DORA Regulation
Digital Operational Resilience Act
The Digital Operational Resilience Act (DORA) is an EU regulation establishing uniform requirements for financial entities to manage ICT risk, report ICT-related incidents, test digital operational resilience, and oversee third-party ICT service providers. Unlike directives such as NIS2, DORA applies directly across all 27 EU Member States without national transposition — creating a single, harmonised ICT risk management rulebook for the financial sector. It covers 21 categories of financial entities, from credit institutions and investment firms to crypto-asset service providers, and introduces an unprecedented oversight framework for critical third-party ICT providers designated by the European Supervisory Authorities. FortisEU operationalises DORA compliance with automated ICT risk assessments, incident classification workflows, third-party register management, and TLPT coordination.

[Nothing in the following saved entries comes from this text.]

-- ===== src/Runtime/Control.antt =====
-- oplr/src/EN_CTRL.CPP, with the reading of the code of EN_MAIN.CPP: the opcodes that set the
-- instruction pointer. A pointer is its distance from the start of the code, in bytes.
pub mod Lands
use opl_dev.Prelude.{ℕ, zero, suc, ◌+◌, ◌-◌, ◌*◌, List, Bool, ◌||◌, ltb, ◌==◌, if◌then◌else◌}
use opl_dev.Prelude.Int.{ℤ, pos, negsuc, ◌+ℤ◌, ◌-ℤ◌, from_bits, to_bits}
use opl_dev.Prelude.Bytes.{word_at}
use opl_dev.Prelude.Outcome.{Outcome, ok, ◌>>=◌}
use opl_dev.Runtime.Stack.{Stack, pop_int16}

-- `OplUtil::GetWord`, a TInt16
abbrev pub signed_word : List ℕ → ℕ → Outcome ℤ
signed_word code ip = word_at code ip >>= λ w. ok (from_bits 0x8000 w)

-- `DoGoto`, where the pointer is behind the opcode: the offset counts from the opcode.
unfoldable pub do_goto : List ℕ → ℕ → Outcome ℤ
do_goto code ip = do offset ← signed_word code ip; ok (pos ip +ℤ offset -ℤ pos 1)

-- `KOplFalse`
abbrev pub is_false : ℤ → Bool
is_false (pos n) = n == 0
is_false (negsuc n) = Bool.false

module _ {R : Type 0} where
  -- `OpCode::BranchIfFalse`
  unfoldable pub branch_if_false : List ℕ → ℕ → Stack R → Outcome (ℤ × Stack R)
  unfolding do_goto pop_int16
  branch_if_false code ip s = do
    (value, s₁) ← pop_int16 s
    if is_false value then (do_goto code ip >>= λ ip'. ok (ip', s₁)) else ok (pos (ip + 2), s₁)

  -- `OpCode::Vector`; the index is a TUint of a TInt16.
  unfoldable pub jump_to_vector : List ℕ → ℕ → Stack R → Outcome (ℤ × Stack R)
  unfolding pop_int16
  jump_to_vector code ip s = do
    max_index ← word_at code ip
    (value, s₁) ← pop_int16 s
    let index = to_bits 0x8000_0000 value
    if index == 0 || ltb max_index index then ok (pos (ip + 2 + max_index * 2), s₁) else (do
      offset ← signed_word code (ip + 2 + (index - 1) * 2)
      ok (pos (ip + 2) +ℤ (offset -ℤ pos 3), s₁))
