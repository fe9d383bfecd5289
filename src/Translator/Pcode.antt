-- ===== src/Translator/Pcode.antt =====
-- oplt/inc/OPLBACKE.H, oplt/stran/OT_PARSE.CPP: the constants, casts and operators in the parse code
-- that an expression becomes. An identifier's reference or a call is an instruction of
-- Translator.Emit.
-- The stream is a list of instructions, each with its operands; a position in the stream is the
-- count of instructions in front of it. (The source offset in front of each is left out.)
pub mod Stream
use opl_dev.Translator.Token.{Operator, OplType, Constant}

-- `TPcodeOperator::TArity`
pub data Arity : Type 0 where
  unary binary : Arity

-- Of the instructions of an expression, by their `TPcode::TCode`, EConstant, ECast and EOperator
pub data Pcode (R : Type 0) : Type 0 where
  push_constant : Constant R → Pcode R
  cast : OplType → OplType → Pcode R
  apply : OplType → OplType → Arity → Operator → Pcode R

Regulation (EU) 2022/2554 on digital operational resilience for the financial sector
Fine Calculator
Estimate your organisation's maximum DORA penalty exposure based on entity classification, daily turnover, and infringement type.
DORA Template Pack
Pre-built ICT risk management frameworks, incident reporting templates, register of information workbooks, and TLPT coordination plans mapped to DORA requirements.
NIS2 vs DORA Comparison
Side-by-side analysis of NIS2 and DORA requirements, scope, enforcement mechanisms, and lex specialis boundaries for dual-regulated financial entities.
Common Questions
Who is in scope of DORA?
DORA applies to 21 categories of financial entities as defined in Article 2, including credit institutions, payment institutions, account information service providers, electronic money institutions, investment firms, crypto-asset service providers, central securities depositories, central counterparties, trading venues, trade repositories, managers of alternative investment funds, management companies, data reporting service providers, insurance and reinsurance undertakings, insurance intermediaries, reinsurance intermediaries, institutions for occupational retirement provision, credit rating agencies, administrators of critical benchmarks, crowdfunding service providers, and securitisation repositories. It also applies to ICT third-party service providers that serve these entities.
How does DORA relate to NIS2?
DORA is lex specialis to NIS2 under Article 1(2) of the DORA Regulation. This means that where DORA imposes ICT risk management, incident reporting, or digital operational resilience testing requirements on financial entities, those provisions take precedence over the corresponding general requirements in NIS2. Financial entities subject to DORA remain within NIS2 scope but comply with DORA's more specific provisions rather than NIS2 Article 21 measures. The lex specialis relationship operates at the level of individual obligations — NIS2 still applies where DORA does not provide equivalent coverage.
What are the TLPT requirements under DORA?
Threat-led penetration testing (TLPT) under Articles 26-27 is mandatory for financial entities identified by competent authorities based on systemic importance, ICT maturity, and risk profile. TLPT must be conducted at least every three years using the TIBER-EU framework, covering critical or important functions, and performed by qualified external testers (though internal testers may participate under strict conditions). The scope is agreed with the competent authority, and results must be validated by the authority before remediation plans are finalised.
What is the register of information for ICT third-party providers?
Under Article 28(3), financial entities must maintain a complete register of information for all contractual arrangements with ICT third-party service providers. This register must include details of the ICT services provided, the identity of the provider and any sub-contractors, the jurisdictions where data is processed and stored, and the criticality of the functions supported. The register must be made available to competent authorities on request and is a key input into the ESA oversight framework for identifying critical third-party providers.
Does DORA apply proportionally to smaller entities?
Yes. Article 4 establishes a proportionality principle requiring financial entities to implement DORA requirements in a manner proportionate to their size, overall risk profile, and the nature, scale, and complexity of their services, activities, and operations. Microenterprises (fewer than 10 employees and turnover/balance sheet under EUR 2 million) benefit from a simplified ICT risk management framework under Article 16. However, all in-scope entities — regardless of size — must comply with incident reporting, maintain a third-party register, and establish basic digital operational resilience testing.
What are the penalties for DORA non-compliance?
DORA empowers competent authorities to impose administrative penalties and remedial measures proportionate to the infringement. For financial entities, penalties are determined by national competent authorities in line with existing sectoral financial legislation. For critical ICT third-party providers, Article 35(8) allows the Lead Overseer to impose periodic penalty payments of up to 1% of the provider's average daily worldwide turnover for each day of non-compliance, for a maximum of six months. Member States may also provide for criminal penalties where their national law so permits.